Resolve the credentials described in envpkt.toml and inject them into the GitHub Actions job environment — masking secret values in the log and writing them to $GITHUB_ENV so the rest of the job can use them. This is the CLI engine behind the GitHub Action.

Terminal window
envpkt env github [options]

Run it as a step in a job; later steps in the same job inherit the variables:

- run: npx envpkt env github --strict
env:
ENVPKT_AGE_KEY: ${{ secrets.ENVPKT_AGE_KEY }}
- run: ./build.sh # sees the resolved vars

| Option | Description | Default | | --------------------- | ---------------------------------------------------- | ------------- | | -c, --config <path> | Path to envpkt.toml | Auto-detected | | --profile <profile> | fnox profile to use | — | | --strict | Exit non-zero if the pre-flight audit is not healthy | false |

For each resolved entry, using the namespaced wire name:

  • Secrets ([secret.*]) — a ::add-mask::<value> workflow command on stdout so GitHub redacts the value everywhere in the log, then the assignment is appended to $GITHUB_ENV.
  • Env defaults ([env.*]) — appended to $GITHUB_ENV. These are non-secret by design and are not masked.

Assignments use the multiline heredoc form, so values with newlines or special characters are safe:

Terminal window
$ envpkt env github # (GITHUB_ENV pointed at the runner's env file)
::add-mask::sk-live-...
# appended to $GITHUB_ENV:
CIV__API_KEY<<__ENVPKT_59bbd943__
sk-live-...
__ENVPKT_59bbd943__

When $GITHUB_ENV is not set (e.g. running locally), the assignments are printed to stdout with a warning instead — useful for previewing output off-runner.

Sealed (encrypted_value) packets are the typical CI source.
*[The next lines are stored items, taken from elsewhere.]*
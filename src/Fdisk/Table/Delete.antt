-- ===== src/Fdisk/Table/Delete.antt =====
-- `delete_partition` takes a logical partition out of the chain.
use mac_fdisk.Base.{
  ℕ, suc, ◌/◌, ◌^◌, ◌≡◌, ◌≤◌, ◌<◌, ap, arith, Bool, true, false, Option, some, ◌==◌, ltb, inl, inr,
  Bool-cases,
}
use mac_fdisk.Fdisk.{warn_geometry}
use mac_fdisk.Fdisk.Entry.{Partition}
use mac_fdisk.Fdisk.Table.{Table, assign, deref, mark, drop_entry, delete_logical, delete_partition}
use mac_fdisk.Fdisk.Table.Chain.{Place, link_of, logical, IsStored, IsLinked, Without}
use mac_fdisk.Fdisk.Table.Gap.{close_gap_lem}
use mac_fdisk.Fdisk.Table.Inner
use mac_fdisk.Fdisk.Table.First
use mac_fdisk.Fdisk.Table.Last

-- What the deletion of logical partition `i` has to do.
abbrev pub Deletes : Table → ℕ → Option Table → Type 0
Deletes t i r = (u : Table) × (r ≡ some u) × Without t i u

module _ (t : Table) (at : ℕ → Place) (st : IsStored t at) (ch : IsLinked t at)
    (several : 5 < t.partitions) (small : t.extended_offset < 2 ^ 32) where
  abbrev link : ℕ → Partition
  link i = t.entry (link_of (at i))

  Deletes-inner : (i : ℕ) → 4 < i → suc i < t.partitions → Deletes t i (delete_logical i (link i) t)
  unfolding delete_logical drop_entry
  Deletes-inner i low high =
      let used : ((link i).sys_ind == 0) ≡ false = ground (arith, ch.next i (omega arith) high) in
      let later : ltb 4 i ≡ true = ground arith in
      let more : ltb 5 t.partitions ≡ true = ground arith in
      (
        Inner.result t at i st ch low high,
        rw (delete_logical, used, later, Inner.take_over_link_lem t at i st ch low high, more)
            (ap some (
              close_gap_lem (Inner.relinked t at i st ch low high) at i
                (Inner.relinked-IsStored t at i st ch low high) (omega arith) (omega arith))),
        Inner.result-Without t at i st ch low high,
      )

  Deletes-first : Deletes t 4 (delete_logical 4 (link 4) t)
  unfolding delete_logical drop_entry
  Deletes-first =
      let used : ((link 4).sys_ind == 0) ≡ false =
        ground (arith, ch.next 4 (omega arith) several) in
      let more : ltb 5 t.partitions ≡ true = ground arith in
      (
        First.result t at st ch several small,
        rw (delete_logical, used, First.rebase_lem t at st ch several small, more)
            (ap some (
              close_gap_lem (First.rebased t at st ch several small) at 4
                (First.rebased-IsStored t at st ch several small) (omega arith) (omega arith))),
        First.result-Without t at st ch several small,
      )

  Deletes-last : (i : ℕ) → 4 < i → suc i ≡ t.partitions → Deletes t i (delete_logical i (link i) t)
  unfolding delete_logical
  Deletes-last i low last =
      let unused : ((link i).sys_ind == 0) ≡ true = ground (arith, ch.ends i (omega arith) last) in
      let later : ltb 4 i ≡ true = ground arith in
      (
        Last.result t at i st ch low last,
        rw (delete_logical, unused, later, Last.frees t at i st ch low last)
            (Last.clears t at i st ch low last),
        Last.result-Without t at i st ch low last,
      )

  Deletes-any : (i : ℕ) → 4 ≤ i → i < t.partitions → Deletes t i (delete_logical i (link i) t)
  Deletes-any i low high = elim (Bool-cases (i == 4)) [
    | inl e ↦ let first : i ≡ 4 = ground arith in rw first Deletes-first
    | inr e ↦ elim (Bool-cases (ltb (suc i) t.partitions)) [
      | inl more ↦ Deletes-inner i (ground arith) (ground arith)
      | inr done ↦ Deletes-last i (ground arith) (ground arith)
    ]
  ]

-- The flags of the changed sectors are no part of the chain.
Without-mark :
    (t : Table) (i : ℕ) (u : Table) (c : ℕ → Bool)
    → Without (record t { changed = c }) i u
    → Without t i u
unfolding logical deref
Without-mark t i u c w = record {
  at = w.at;
  stored = w.stored;
  linked = w.linked;
  one_less = w.one_less;
  kept = w.kept;
}

-- On a table with a geometry that is set and a chain of at least two logical partitions, deleting any
-- of them succeeds: a chain is left with one partition less, the others in their order, each with the
-- first sector, the size and the type that it had.
pub delete_partition-Without :
    (t : Table) (at : ℕ → Place)
    → IsStored t at
    → IsLinked t at
    → 5 < t.partitions
    → t.extended_offset < 2 ^ 32
    → warn_geometry t.geometry ≡ false
    → (i : ℕ) → 4 ≤ i
    → i < t.partitions
    → Deletes t i (delete_partition i t)
unfolding delete_partition mark
delete_partition-Without t at st ch several small geometry i low high =
    let n = record t { changed = assign t.changed i true } in
    let primary : ltb i 4 ≡ false = ground arith in
    let b : link_of (at i) / 4 ≡ (at i).buffer = omega (arith, st.slots i low high) in
    let (u, done, w) =
      Deletes-any n at
        (record {
          buffer = st.buffer;
          data_at = st.data_at;
          link_at = st.link_at;
          slots = st.slots;
          distinct = st.distinct;
          live = st.live;
        })
        (record { first = ch.first; next = ch.next; ends = ch.ends }) several small i low high in
    (
      u,
      rw (delete_partition, geometry, primary, st.link_at i low high, deref, b, st.live i low high)
          done,
      Without-mark t i u _ w,
    )
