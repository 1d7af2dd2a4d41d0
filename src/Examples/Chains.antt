-- ===== src/Examples/Chains.antt =====
-- A table with a chain of three logical partitions, and the entries that are stored in it.
use mac_fdisk.Base.{
  ℕ, ◌+◌, ◌-◌, ◌*◌, ◌/◌, ◌%◌, ◌≡◌, inr, refl, arith, true, false, some, [], ◌==◌, not,
  if◌then◌else◌,
}
use mac_fdisk.Base.Word.{add32}
use mac_fdisk.Fdisk.{Geometry, warn_geometry, set_hsc}
use mac_fdisk.Fdisk.Entry.{
  Partition, Remark, remark, extended, cleared, filled, bounds_of, check_consistency, per_cylinder,
  linux_native,
}
use mac_fdisk.Fdisk.Entry.Packed.{IsDescribed}
use mac_fdisk.Fdisk.Entry.Bounds.{bounds_of-filled}
use mac_fdisk.Fdisk.Entry.Consistent.{check_consistency-filled}
use mac_fdisk.Fdisk.Verify.{check}
use mac_fdisk.Fdisk.Verify.Silent.{check-set_hsc}
use mac_fdisk.Fdisk.Table.{Table, assign, delete_partition}
use mac_fdisk.Fdisk.Table.Chain.{Place, IsStored, IsLinked}
use mac_fdisk.Fdisk.Table.Delete.{Deletes, delete_partition-Without}

-- 16 heads, 63 sectors and 800 cylinders.
abbrev pub disk : Geometry
disk = record {
  heads = 16;
  sectors = 63;
  cylinders = 800;
  full_bits = 1032192;
  unit_flag = false;
  display_factor = 1;
}

disk-IsDescribed : IsDescribed disk
disk-IsDescribed = record {
  some_heads = omega arith;
  heads_fit = omega arith;
  some_sectors = omega arith;
  sectors_fit = omega arith;
}

bounds_of-filled_example :
    bounds_of disk 1000 (filled disk true 2016 40319 linux_native 1000) ≡ some (2016, 40319)
bounds_of-filled_example =
    bounds_of-filled disk disk-IsDescribed refl true 2016 40319 linux_native 1000
      (inr (omega arith)) (omega arith) (omega arith) (omega arith) (omega arith) (λ e. omega arith)
      (λ e. omega arith)

check_consistency-filled_example :
    check_consistency disk (filled disk true 2016 40319 linux_native 0) 2
    ≡ remark (not ((40319 + 1) % per_cylinder disk == 0)) Remark.off_boundary
check_consistency-filled_example =
    check_consistency-filled disk disk-IsDescribed true 2016 40319 linux_native 2 (omega arith)
      (omega arith) (omega arith) (omega arith)

check-set_hsc_example : check disk (set_hsc disk 40319) 40319 ≡ some []
check-set_hsc_example =
    check-set_hsc disk disk-IsDescribed refl 40319 (omega arith) (omega arith) refl (omega arith)
      (omega arith)

-- Logical partition `j` has buffer `j` - 3, with its entry first and its link second.
abbrev place : ℕ → Place
place j = record { buffer = j - 3; data_slot = 0; link_slot = 1 }

unfoldable entry_of : ℕ → Partition
unfolding cleared
entry_of p = record cleared {
  sys_ind = if p % 4 == 0 then linux_native else if p / 4 == 3 then 0 else extended;
  start_sect = if p % 4 == 0 then 63 else 100 * (p / 4);
  nr_sects = 37;
}

abbrev three : Table
three = record {
  geometry = disk;
  dos_compatible = true;
  sector_offset = 63;
  entry = entry_of;
  freed = λ (b : ℕ). false;
  buffers = λ (j : ℕ). some (j - 3);
  part_table = λ (j : ℕ). some (4 * (j - 3) + 0);
  ext_pointers = λ (j : ℕ). some (4 * (j - 3) + 1);
  offsets = λ (j : ℕ). 1000 + 100 * (j - 4);
  changed = λ (j : ℕ). false;
  partitions = 7;
  ext_index = 1;
  extended_offset = 1000;
}

three-IsStored : IsStored three place
three-IsStored = record {
  buffer = λ j h k. refl;
  data_at = λ j h k. refl;
  link_at = λ j h k. refl;
  slots = λ j h k. (omega arith, omega arith, λ e. omega arith);
  distinct = λ j k h p q r e. omega arith;
  live = λ j h k. refl;
}

three-IsLinked : IsLinked three place
unfolding entry_of add32
three-IsLinked = record {
  first = refl;
  next = λ j h k. (ground arith, ground arith);
  ends = λ j h k. ground arith;
}

delete_partition-Without_example : Deletes three 5 (delete_partition 5 three)
unfolding warn_geometry
delete_partition-Without_example =
    delete_partition-Without three place three-IsStored three-IsLinked (omega arith) (omega arith)
      refl 5 (omega arith) (omega arith)

-- The first two of them, with a link that ends the chain.
abbrev two : Table
two = record three { partitions = 6; entry = assign entry_of 9 cleared }
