-- ===== src/Io/Digits.antt =====
-- io.c: `number_of_digits`, with which the columns of a listing are laid out.
use mac_fdisk.Base.{
  ℕ, zero, suc, ◌+◌, ◌-◌, ◌*◌, ◌/◌, ◌^◌, ◌≡◌, ◌≤◌, ◌<◌, ◌∙◌, ◌⊎◌, sym, subst, ap, arith, true,
  false, Option, none, some, ltb, Bool-cases, inl, inr,
}
use native.Mathlib.Nat.{pow-suc}

-- The loop, on fuel: one round for each digit behind the first.
unfoldable pub count_digits : ℕ → ℕ → ℕ → Option ℕ
count_digits zero j value = none
count_digits (suc fuel) j value = elim (ltb 9 value) [
  | true ↦ count_digits fuel (j + 1) (value / 10)
  | false ↦ some j
]

-- `number_of_digits(value)`: ten rounds are enough for 32 bits.
unfoldable pub number_of_digits : ℕ → Option ℕ
unfolding count_digits
number_of_digits value = count_digits 10 1 value

-- The loop's result for the value `v`, counting from `j`.
record Counted (v j : ℕ) (r : Option ℕ) : Type 0 where
  extra : ℕ
  returns : r ≡ some (j + extra)
  above : v < 10 ^ (extra + 1)
  below : 0 < extra → 10 ^ extra ≤ v

tens : (n : ℕ) → 10 ^ (n + 1) ≡ 10 * 10 ^ n
tens n = subst (λ (t : ℕ). 10 ^ t ≡ 10 * 10 ^ n) (step n) (omega (arith, pow-suc 10 n))
  where
    step : (k : ℕ) → suc k ≡ k + 1
    step k = omega arith

module _ (f v j : ℕ) where
  Counted-more :
      ltb 9 v ≡ true
      → Counted (v / 10) (j + 1) (count_digits f (j + 1) (v / 10))
      → Counted v j (count_digits (suc f) j v)
  unfolding count_digits
  Counted-more more r = record {
    extra = r.extra + 1;
    returns = rw (count_digits, more) (r.returns ∙ ap some (omega arith));
    above = omega (arith, r.above, tens (r.extra + 1));
    below = λ h. elim (Bool-cases (ltb 0 r.extra)) [
      | inl some_more ↦ omega (arith, r.below (ground arith), tens r.extra)
      | inr none_more ↦
          let zero_extra : r.extra ≡ 0 = ground arith in
          subst (λ (t : ℕ). 10 ^ (t + 1) ≤ v) (sym zero_extra) (ground arith)
    ];
  }

  Counted-last : ltb 9 v ≡ false → Counted v j (count_digits (suc f) j v)
  unfolding count_digits
  Counted-last last = record {
    extra = 0;
    returns = rw (count_digits, last) (ap some (omega arith));
    above = ground arith;
    below = λ h. absurd (omega arith);
  }

count_digits_lem : (f v j : ℕ) → v < 10 ^ suc f → Counted v j (count_digits (suc f) j v)
count_digits_lem zero v j small = Counted-last 0 v j (ground arith)
count_digits_lem (suc f) v j small =
    let rest = count_digits_lem f (v / 10) (j + 1) (omega (arith, small, pow-suc 10 (suc f))) in
    elim (Bool-cases (ltb 9 v)) [
      | inr last ↦ Counted-last (suc f) v j last
      | inl more ↦ Counted-more (suc f) v j more rest
    ]

-- For a value of 32 bits `number_of_digits` returns a `j` above 0 with `value` below 10 to the `j`,
-- and not below 10 to the `j - 1` unless `j` is 1.
pub number_of_digits-bounds :
    (value : ℕ)
    → value < 2 ^ 32
    → (j : ℕ) × (number_of_digits value ≡ some j)
      × (0 < j)
      × (value < 10 ^ j)
      × ((j ≡ 1) ⊎ (10 ^ (j - 1) ≤ value))
unfolding number_of_digits
number_of_digits-bounds value small =
    let r = count_digits_lem 9 value 1 (omega (arith, small)) in
    (
      1 + r.extra,
      r.returns,
      omega arith,
      subst (λ (t : ℕ). value < 10 ^ t) (omega arith) r.above,
      elim (Bool-cases (ltb 0 r.extra)) [
        | inl many ↦ inr (subst (λ (t : ℕ). 10 ^ t ≤ value) (omega arith) (r.below (ground arith)))
        | inr one ↦ inl (ground arith)
      ],
    )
Commit them to the repo and supply the age private key as a GitHub secret via ENVPKT_AGE_KEYboot() materializes it to a private temp file to decrypt, no key file needed. Identity precedence:

identity.key_file > ENVPKT_AGE_KEY_FILE > ENVPKT_AGE_KEY (inline) > ~/.envpkt/age-key.txt

With --strict, the command exits with the audit’s exit code (1 degraded, 2 critical) after injecting — failing the build on expired or missing credentials. Without --strict it always exits 0.